To address the “Red Queen hypothesis” in governance, 2026 has seen the global adaptation of regulatory sandboxing. These are controlled marketplaces that allow a particular product to demonstrate its real-life impacts while under a temporary set of rules. This is meant to help decide if a product or service should be regulated or not.
The most enduring solution lies in the radical restructuring of how we actually value knowledge. We are witnessing an increase in interdisciplinary studies, where the “hard” sciences are being mixed with the humanities. The more sought-after graduates are no longer people who are really good at a singular subject, but rather those who are more well-rounded. Leading institutions like MIT and Stanford have redesigned their curriculums to ensure every engineering credit is balanced by a study of ethics, history, or philosophy.

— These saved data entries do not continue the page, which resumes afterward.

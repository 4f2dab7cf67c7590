-- ===== src/Tests/Packets.antt =====
-- A visitor, a message with a creation, and the theorem on `handle_svc_packet_entities` for them.
use haste.Prelude.{
  ℕ, ◌≡◌, refl, ◌∙◌, sym, Bool, true, false, ◌&&◌, ◌||◌, [], ◌∷◌, Option, none, some, ◌==◌,
}
use haste.Prelude.Int.{pos}
use haste.Outcome.{ok, Result, success}
use haste.Settles.{Settles}
use haste.Tests.BitList.{number_floats}
use haste.Tests.Counted.{counted, counted-Documented, counted-Positions}
use haste.Tests.Entities.{known, start-Sound, context}
use haste.Entities.{Entity, delta_update, delta_create, delta_leave, delta_delete}
use haste.Entities.Container.{get, new_container}
use haste.Parser.{Parser, Handled, Visitor, PacketEntities, new_context, handle_svc_packet_entities}
use haste.Parser.Packets.{handle_svc_packet_entities-Held}
use haste.Parser.Shown.{Held, Shown, created, updated, deleted, left, KeptByVisitor}

-- Whether the header fits what the context has.
abbrev fits : ℕ → Option (Entity number_floats) → Bool
fits header (some e) = (header == delta_create) || (header == delta_update)
fits header none = (header == delta_delete) || (header == delta_leave)

-- Keeps whether everything that it was shown did fit.
abbrev judge : Visitor number_floats
judge = record {
  Self = Bool;
  Error = Unit {0};
  should_track_entity = λ self hash. true;
  on_entity = λ self ctx header e. success (self && fits header (get ctx.entities e.index));
}

judge-KeptByVisitor : KeptByVisitor judge (λ self. self ≡ true)
judge-KeptByVisitor self ctx header e next shown kept called =
    stays (self && fits header (get ctx.entities e.index)) called (judged header e shown)
  where
    stays :
        (b : Bool)
        → ◌≡◌ {A = Result (Unit {0}) Bool} (success b) (success next)
        → b ≡ true
        → next ≡ true
    stays b same h = let eq : b ≡ next = cc in sym eq ∙ h

    judged :
        (header : ℕ) (e : Entity number_floats)
        → Shown ctx header e
        → (self && fits header (get ctx.entities e.index)) ≡ true
    judged header e (created _ here) = rw (kept, here) refl
    judged header e (updated _ here) = rw (kept, here) refl
    judged header e (deleted _ out) = rw (kept, out) refl
    judged header e (left _ out) = rw (kept, out) refl

abbrev parser : Parser (counted true) judge
parser = record {
  visitor = true;
  ctx = record (new_context number_floats) {
    instance_baseline = known.instance_baseline;
    serializers = some known.serializers;
    entity_classes = some known.entity_classes;
  };
  field_decode_ctx = context;
}

-- The index 7, and what creates an entity with no field.
abbrev message : PacketEntities
message = record { updated_entries = pos 1; entity_data = 135 ∷ 0 ∷ 0 ∷ 0 ∷ 2 ∷ [] }

handle_svc_packet_entities-Held_example :
    Settles
      (Held (λ self. self ≡ true) parser)
      (handle_svc_packet_entities {p = counted true} {v = judge} message parser)
handle_svc_packet_entities-Held_example =
    handle_svc_packet_entities-Held (counted-Documented true) (counted-Positions true) refl
      (λ self. self ≡ true) message parser judge-KeptByVisitor start-Sound refl

-- Whether the entity is there, and the visitor content.
abbrev is_created : Handled (counted true) judge (Parser (counted true) judge) → Bool
is_created (ok self) = self.visitor && fits delta_create (get self.ctx.entities (pos 7))
is_created r = false

handled :
    is_created (handle_svc_packet_entities {p = counted true} {v = judge} message parser) ≡ true
unfolding handle_svc_packet_entities get haste.BitReader.read_ubit64 haste.Tests.BitList.take_bits
    haste.BitReader.new haste.BitReader.read_bits haste.Entities.Container.class_by_id
    haste.FlattenedSerializers.by_name_hash haste.Maps.lookup haste.FxHash.hash_bytes
    haste.FxHash.add_u64_to_hash haste.Entities.parse haste.FieldPath.Paths.read_field_paths
    haste.FieldPath.Flat.build_flat_tree haste.FieldPath.Huffman.build_hierarchy
    haste.FieldPath.Huffman.merge_all haste.FieldPath.Huffman.leaves_from
    haste.FieldPath.Huffman.pop_node haste.FieldPath.Flat.flatten_branch
    haste.FieldPath.Flat.flatten_child haste.FieldPath.Paths.read_loop haste.BitReader.read_bool
    haste.Tests.BitList.take_bit haste.FieldPath.Ops.field_path_encode_finish haste.Maps.insert
    haste.Entities.Container.baseline_by_id haste.BitReader.is_overflowed
handled = refl
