-- ===== src/System/Grace.antt =====
-- How long networks live: at least the idle timeout after they were held, and no timer waits longer.
use vmnet_broker.Base.{
  ℕ, ◌+◌, ◌<◌, ◌≤◌, ◌≡◌, ◌⊎◌, refl, sym, ap, ◌∙◌, inl, inr, none, some, lookup, arith, count,
}
use vmnet_broker.Machine.{Ptr, Network, Context, State, CoreFoundation, Timer}
use vmnet_broker.Network.Invariant.{Healthy-of_Inv}
use vmnet_broker.Network.Ownership.{owned}
use vmnet_broker.Network.Steady.{Survives}
use vmnet_broker.System.{Event, Peers, initial}
use vmnet_broker.System.Invariant.{SystemInv, Moved}
use vmnet_broker.System.Later.{idle_timeout, Later, now, later, Later-SystemInv, Later-clock}
use vmnet_broker.System.Safety.{Reach, start, next, Reach-SystemInv, step-Moved, held_is_live}

-- In every state that the broker comes to, no timer that is set waits longer than the idle
-- timeout.
pub deadline-le :
    {cf : CoreFoundation} {peers : Peers} {s : State} (t : ℕ) (d : Timer)
    → Reach cf peers s
    → lookup t s.timers ≡ some d
    → d.deadline ≤ s.now + idle_timeout
unfolding initial lookup
deadline-le t d start e = cc e
deadline-le t d (next {s = s} {s' = s'} env e before can run) set =
    let (_, m) = step-Moved env e (Reach-SystemInv before) can run in
    elim (m.timely t d set) [
      | inl old ↦ omega (arith, m.clock, deadline-le t d before old)
      | inr new ↦ omega (arith, m.clock, new)
    ]

-- The network that was `n` is alive, and is not removed before a time.
abbrev Guarded : ℕ → Network → Ptr → State → Type 0
Guarded until n p s =
    (m : Network) × (s.heap p ≡ some m)
    × (m.name ≡ n.name)
    × (m.ref ≡ n.ref)
    × (m.serialization ≡ n.serialization)
    × ((t : ℕ) (d : Timer)
        → m.idle_timer ≡ some t
        → lookup t s.timers ≡ some d
        → until ≤ d.deadline)

module _ {cf : CoreFoundation} {peers peers' : Peers} {s s' : State} (e : Event) (until : ℕ)
    (n : Network) (p : Ptr) where
  Guarded-Moved :
      SystemInv cf peers s
      → SystemInv cf peers' s'
      → Moved peers s e peers' s'
      → until ≤ s.now + idle_timeout
      → Guarded until n p s
      → Guarded until n p s' ⊎ (until ≤ s'.now)
  Guarded-Moved inv inv' moved soon (m, at, name, ref, x, kept) = elim (moved.frame p m at) [
    | inr (t, d, _, set, scheduled, due) ↦
        inr (omega (arith, kept t d set scheduled, due, moved.clock))
    | inl (m', at', name', ref', x') ↦ inl (
      m',
      at',
      name' ∙ name,
      ref' ∙ ref,
      x' ∙ x,
      λ t d set scheduled. elim (moved.timely t d scheduled) [
        | inr new ↦ omega (arith, new, soon)
        | inl old ↦
            let run = (Healthy-of_Inv p m' inv'.consistent at').clocked t set in
            let same : run.entry ≡ d = ground (arith, run.scheduled, scheduled) in
            kept t d
              ((Healthy-of_Inv p m inv.consistent at).clocked_only t (record {
                entry = d;
                scheduled = old;
                handled = ap (λ y. y.handler) (sym same) ∙ run.handled;
              }))
              old
      ],
    )
  ]

module _ {cf : CoreFoundation} {peers : Peers} {s : State} (reach : Reach cf peers s) where
  -- A network without a timer is guarded for the idle timeout.
  Guarded-Later :
      {peers' : Peers} {s' : State} (n : Network) (p : Ptr)
      → s.heap p ≡ some n
      → n.idle_timer ≡ none
      → Later cf peers s peers' s'
      → Guarded (s.now + idle_timeout) n p s' ⊎ (s.now + idle_timeout ≤ s'.now)
  Guarded-Later n p at quiet now = inl (n, at, refl, refl, refl, λ t d set _. cc (quiet, set))
  Guarded-Later n p at quiet (later {s' = s'} env e l can run) =
      let inv = Reach-SystemInv reach in
      let inv' = Later-SystemInv inv l in
      let (inv'', moved) = step-Moved env e inv' can run in
      elim (Guarded-Later n p at quiet l) [
        | inl guarded ↦
            Guarded-Moved e (s.now + idle_timeout) n p inv' inv'' moved
              (omega (arith, Later-clock inv l)) guarded
        | inr late ↦ inr (omega (arith, late, moved.clock))
      ]

  -- A network that an open connection holds in a state that the broker comes to is alive in
  -- every later state in which less than the idle timeout has passed, with its name, its vmnet
  -- reference and its serialization, whatever the clients do in between.
  pub held-Survives :
      {peers' : Peers} {s' : State} (c : ℕ) (ctx : Context) (p : Ptr)
      → lookup c peers ≡ some ctx
      → 0 < count p (owned ctx)
      → Later cf peers s peers' s'
      → s'.now < s.now + idle_timeout
      → (n : Network) × (s.heap p ≡ some n) × Survives n s'.heap p
  held-Survives c ctx p found mine l soon =
      let (n, at, _, quiet) = held_is_live reach c ctx p found mine in
      elim (Guarded-Later n p at quiet l) [
        | inl (m, there, name, ref, x, _) ↦ (n, at, (m, there, name, ref, x))
        | inr late ↦ absurd (omega (arith, late, soon))
      ]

This mixing of courses recognizes that while data improves knowledge, only a mix of humanities can allow wisdom to be better practiced and used in tandem with other subjects. By training people to be more like polymaths who are well versed in a variety of subjects, we are finally building a workforce capable of turning knowledge into wisdom as well.
The gap between our knowledge and our wisdom is the defining challenge of the 21st century. We have the ability to create great things, but also the ability to harm ourselves. For the first time, we possess the ability to edit genetic code, influence cognitive patterns, and create autonomous agents that mirror our own intelligence. We stand at a crossroads of unprecedented duality. As we look into the future, the goal of science and technology must shift. We need many more questions asking “why?” rather than just “how?”